**Data for processing:**
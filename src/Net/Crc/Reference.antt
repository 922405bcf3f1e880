-- ===== src/Net/Crc/Reference.antt =====
-- `crc32_byte` of source/net.c is the CRC-32 of Ethernet, taken bit by bit.
use nano_s.Prelude.{
  ℕ, zero, suc, ◌+◌, ◌*◌, ◌-◌, ◌/◌, ◌%◌, ◌^◌, ◌<◌, ◌≡◌, refl, ap, ap₂, sym, ◌∙◌, arith, bit_xor,
  List, [], ◌∷◌, get_or, u8, ◌==◌, ==_iff, holds_below, any_from, ltb, ltb→lt, true,
}
use nano_s.Strings.Compare.{IsBytes, nil, cons}
use nano_s.Net.Crc.{poly8_lookup, byte_of, xor32, crc32_loop, crc32_byte}
use nano_s.Net.Crc.Xor.{
  bit_xor-half, bit_xor-odd, bit_xor_comm, bit_xor_assoc, bit_xor-zero, bit_xor-fields, bit_xor_lt,
}

-- The polynomial, lowest power first.
abbrev pub polynomial : ℕ
polynomial = 0xEDB88320

abbrev mask : ℕ → ℕ
mask zero = 0
mask (suc n) = polynomial

mask_lt : (n : ℕ) → mask n < 2 ^ 32
mask_lt zero = omega arith
mask_lt (suc n) = omega arith

-- One bit: the lowest one decides whether the polynomial is taken off.
unfoldable pub crc_bit : ℕ → ℕ
crc_bit crc = bit_xor (crc / 2) (mask (crc % 2))

unfoldable pub crc_bits : ℕ → ℕ → ℕ
crc_bits zero crc = crc
crc_bits (suc n) crc = crc_bits n (crc_bit crc)

-- The bytes one after the other, each with its lowest bit first.
unfoldable pub crc32_bits : List ℕ → ℕ → ℕ
crc32_bits [] crc = crc
crc32_bits (c ∷ p) crc = crc32_bits p (crc_bits 8 (bit_xor crc c))

-- The table, by computation.
table_checked : (i : ℕ) → i < 256 → (get_or poly8_lookup i 0 == crc_bits 8 i) ≡ true
unfolding any_from poly8_lookup crc_bits crc_bit
table_checked = holds_below 256 (λ i. get_or poly8_lookup i 0 == crc_bits 8 i) refl

poly8_lookup-crc_bits : (i : ℕ) → i < 256 → get_or poly8_lookup i 0 ≡ crc_bits 8 i
poly8_lookup-crc_bits i lt =
    (==_iff (get_or poly8_lookup i 0) (crc_bits 8 i)).0 (table_checked i lt)

interchange :
    (a b c d : ℕ) → bit_xor (bit_xor a b) (bit_xor c d) ≡ bit_xor (bit_xor a c) (bit_xor b d)
interchange a b c d =
    bit_xor_assoc a b (bit_xor c d)
    ∙ (ap (bit_xor a) (
          sym (bit_xor_assoc b c d)
          ∙ (ap (λ t. bit_xor t d) (bit_xor_comm b c) ∙ bit_xor_assoc c b d))
        ∙ sym (bit_xor_assoc a c (bit_xor b d)))

mask-bit_xor : (x y : ℕ) → x < 2 → y < 2 → mask ((x + y) % 2) ≡ bit_xor (mask x) (mask y)
mask-bit_xor zero zero p q = refl
mask-bit_xor zero (suc zero) p q = refl
mask-bit_xor (suc zero) zero p q = refl
mask-bit_xor (suc zero) (suc zero) p q = refl
mask-bit_xor x (suc (suc y)) p q = absurd (omega arith)
mask-bit_xor (suc (suc x)) y p q = absurd (omega arith)

crc_bit-bit_xor : (a b : ℕ) → crc_bit (bit_xor a b) ≡ bit_xor (crc_bit a) (crc_bit b)
unfolding crc_bit
crc_bit-bit_xor a b =
    ap₂ bit_xor (bit_xor-half a b)
      (ap mask (bit_xor-odd a b) ∙ mask-bit_xor (a % 2) (b % 2) (omega arith) (omega arith))
    ∙ interchange (a / 2) (b / 2) (mask (a % 2)) (mask (b % 2))

crc_bits-bit_xor : (n a b : ℕ) → crc_bits n (bit_xor a b) ≡ bit_xor (crc_bits n a) (crc_bits n b)
unfolding crc_bits
crc_bits-bit_xor zero a b = refl
crc_bits-bit_xor (suc n) a b =
    ap (crc_bits n) (crc_bit-bit_xor a b) ∙ crc_bits-bit_xor n (crc_bit a) (crc_bit b)

crc_bit-even : (a : ℕ) → crc_bit (2 * a) ≡ a
unfolding crc_bit
crc_bit-even a =
    let h : 2 * a / 2 ≡ a = omega arith in
    let e : 2 * a % 2 ≡ 0 = omega arith in rw (h, e) (bit_xor_comm a 0 ∙ bit_xor-zero a)

-- Eight zero bits leave the rest.
crc_bits-shift : (a : ℕ) → crc_bits 8 (a * 256) ≡ a
unfolding crc_bits
crc_bits-shift a =
    let e : a * 256 ≡ 2 * (2 * (2 * (2 * (2 * (2 * (2 * (2 * a))))))) = omega arith in
    rw
      (
        e, crc_bit-even, crc_bit-even, crc_bit-even, crc_bit-even, crc_bit-even, crc_bit-even,
        crc_bit-even, crc_bit-even,
      )
      refl

-- The exclusive or of the lowest byte and of the rest.
split_byte :
    (a b : ℕ) → bit_xor a b ≡ bit_xor (a / 256) (b / 256) * 256 + bit_xor (a % 256) (b % 256)
split_byte a b =
    let e : a / 256 * 256 + a % 256 ≡ a = omega arith in
    let f : b / 256 * 256 + b % 256 ≡ b = omega arith in
    rw (e, f) at
      (bit_xor-fields 8 (a / 256) (b / 256) (a % 256) (b % 256) (omega arith) (omega arith))

-- A number is the exclusive or of its parts.
parts : (a : ℕ) → a ≡ bit_xor (a / 256 * 256) (a % 256)
parts a =
    let h : a / 256 * 256 / 256 ≡ a / 256 = omega arith in
    let l : a / 256 * 256 % 256 ≡ 0 = omega arith in
    let h' : a % 256 / 256 ≡ 0 = omega arith in
    let l' : a % 256 % 256 ≡ a % 256 = omega arith in
    let e = rw (h, l, h', l') at (split_byte (a / 256 * 256) (a % 256)) in
    omega (arith, e, bit_xor_comm (a / 256) 0, bit_xor-zero (a / 256), bit_xor-zero (a % 256))

-- A byte of bits at once.
crc_bits-byte : (a : ℕ) → crc_bits 8 a ≡ bit_xor (crc_bits 8 (a % 256)) (a / 256)
crc_bits-byte a =
    ap (crc_bits 8) (parts a)
    ∙ (crc_bits-bit_xor 8 (a / 256 * 256) (a % 256)
        ∙ (ap (λ t. bit_xor t (crc_bits 8 (a % 256))) (crc_bits-shift (a / 256))
            ∙ bit_xor_comm (a / 256) (crc_bits 8 (a % 256))))

xor32_lem : (a b : ℕ) → a < 2 ^ 32 → b < 2 ^ 32 → xor32 a b ≡ bit_xor a b
unfolding xor32
xor32_lem a b p q =
    let a1 : byte_of 1 a ≡ a / 256 % 256 = omega arith in
    let b1 : byte_of 1 b ≡ b / 256 % 256 = omega arith in
    let a2 : byte_of 2 a ≡ a / 256 / 256 % 256 = omega arith in
    let b2 : byte_of 2 b ≡ b / 256 / 256 % 256 = omega arith in
    let a3 : byte_of 3 a ≡ a / 256 / 256 / 256 = omega arith in
    let b3 : byte_of 3 b ≡ b / 256 / 256 / 256 = omega arith in
    let a0 : byte_of 0 a ≡ a % 256 = omega arith in
    let b0 : byte_of 0 b ≡ b % 256 = omega arith in
    rw (a0, b0, a1, b1, a2, b2, a3, b3)
      (omega (
        arith,
        split_byte a b,
        split_byte (a / 256) (b / 256),
        split_byte (a / 256 / 256) (b / 256 / 256),
      ))

table_small : (i : ℕ) → i < 256 → ltb (get_or poly8_lookup i 0) (2 ^ 32) ≡ true
unfolding any_from poly8_lookup
table_small = holds_below 256 (λ i. ltb (get_or poly8_lookup i 0) (2 ^ 32)) refl

-- A turn of the loop takes eight bits.
crc32_turn :
    (crc c : ℕ)
    → crc < 2 ^ 32
    → c < 256
    → xor32 (get_or poly8_lookup (bit_xor (u8 crc) c) 0) (crc / 256) ≡ crc_bits 8 (bit_xor crc c)
crc32_turn crc c p q =
    let cz : c / 256 ≡ 0 = omega arith in
    let cc : c % 256 ≡ c = omega arith in
    let both = rw (cz, cc) at (split_byte crc c) in
    let i = bit_xor (crc % 256) c in
    let low_lt : i < 256 = bit_xor_lt 8 (crc % 256) c (omega arith) q in
    let high = bit_xor_comm (crc / 256) 0 in
    let zero_high = bit_xor-zero (crc / 256) in
    let low : bit_xor crc c % 256 ≡ i = omega (arith, both, low_lt) in
    let rest : bit_xor crc c / 256 ≡ crc / 256 = omega (arith, both, low_lt, high, zero_high) in
    xor32_lem (get_or poly8_lookup i 0) (crc / 256) (ltb→lt _ _ (table_small i low_lt))
      (omega arith)
    ∙ (ap (λ t. bit_xor t (crc / 256)) (poly8_lookup-crc_bits i low_lt)
        ∙ (ap₂ (λ t u. bit_xor (crc_bits 8 t) u) (sym low) (sym rest)
            ∙ sym (crc_bits-byte (bit_xor crc c))))

crc_bit_lt : (crc : ℕ) → crc < 2 ^ 32 → crc_bit crc < 2 ^ 32
unfolding crc_bit
crc_bit_lt crc p = bit_xor_lt 32 (crc / 2) (mask (crc % 2)) (omega arith) (mask_lt (crc % 2))

crc_bits_lt : (n crc : ℕ) → crc < 2 ^ 32 → crc_bits n crc < 2 ^ 32
unfolding crc_bits
crc_bits_lt zero crc p = p
crc_bits_lt (suc n) crc p = crc_bits_lt n (crc_bit crc) (crc_bit_lt crc p)

crc32_loop_lem :
    (p : List ℕ) (crc : ℕ) → IsBytes p → crc < 2 ^ 32 → crc32_loop p crc ≡ crc32_bits p crc
unfolding crc32_loop crc32_bits
crc32_loop_lem [] crc nil lt = refl
crc32_loop_lem (c ∷ p) crc (cons byte h) lt =
    let turn = crc32_turn crc c lt byte in
    let next = bit_xor_lt 32 crc c lt (omega arith) in
    ap (crc32_loop p) turn
    ∙ crc32_loop_lem p (crc_bits 8 (bit_xor crc c)) h (crc_bits_lt 8 (bit_xor crc c) next)

-- The table, the exclusive or byte by byte and the loop compute the CRC-32 of a buffer of bytes as it
-- is defined bit by bit: each bit, the lowest of a byte first, shifts the register and takes off the
-- polynomial 0xEDB88320 when the bit shifted out is 1; the register starts with all ones and is
-- inverted at the end.
pub crc32_byte_lem : (p : List ℕ) → IsBytes p → crc32_byte p ≡ 0xFFFFFFFF - crc32_bits p 0xFFFFFFFF
unfolding crc32_byte
crc32_byte_lem p h = ap (λ t. 0xFFFFFFFF - t) (crc32_loop_lem p 0xFFFFFFFF h (omega arith))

**What this task involves:**
Search the records for the string "List" and report each line that has it.

**The completed task:**
  List, [], ◌∷◌, get_or, u8, ◌==◌, ==_iff, holds_below, any_from, ltb, ltb→lt, true,
unfoldable pub crc32_bits : List ℕ → ℕ → ℕ
    (p : List ℕ) (crc : ℕ) → IsBytes p → crc < 2 ^ 32 → crc32_loop p crc ≡ crc32_bits p crc
pub crc32_byte_lem : (p : List ℕ) → IsBytes p → crc32_byte p ≡ 0xFFFFFFFF - crc32_bits p 0xFFFFFFFF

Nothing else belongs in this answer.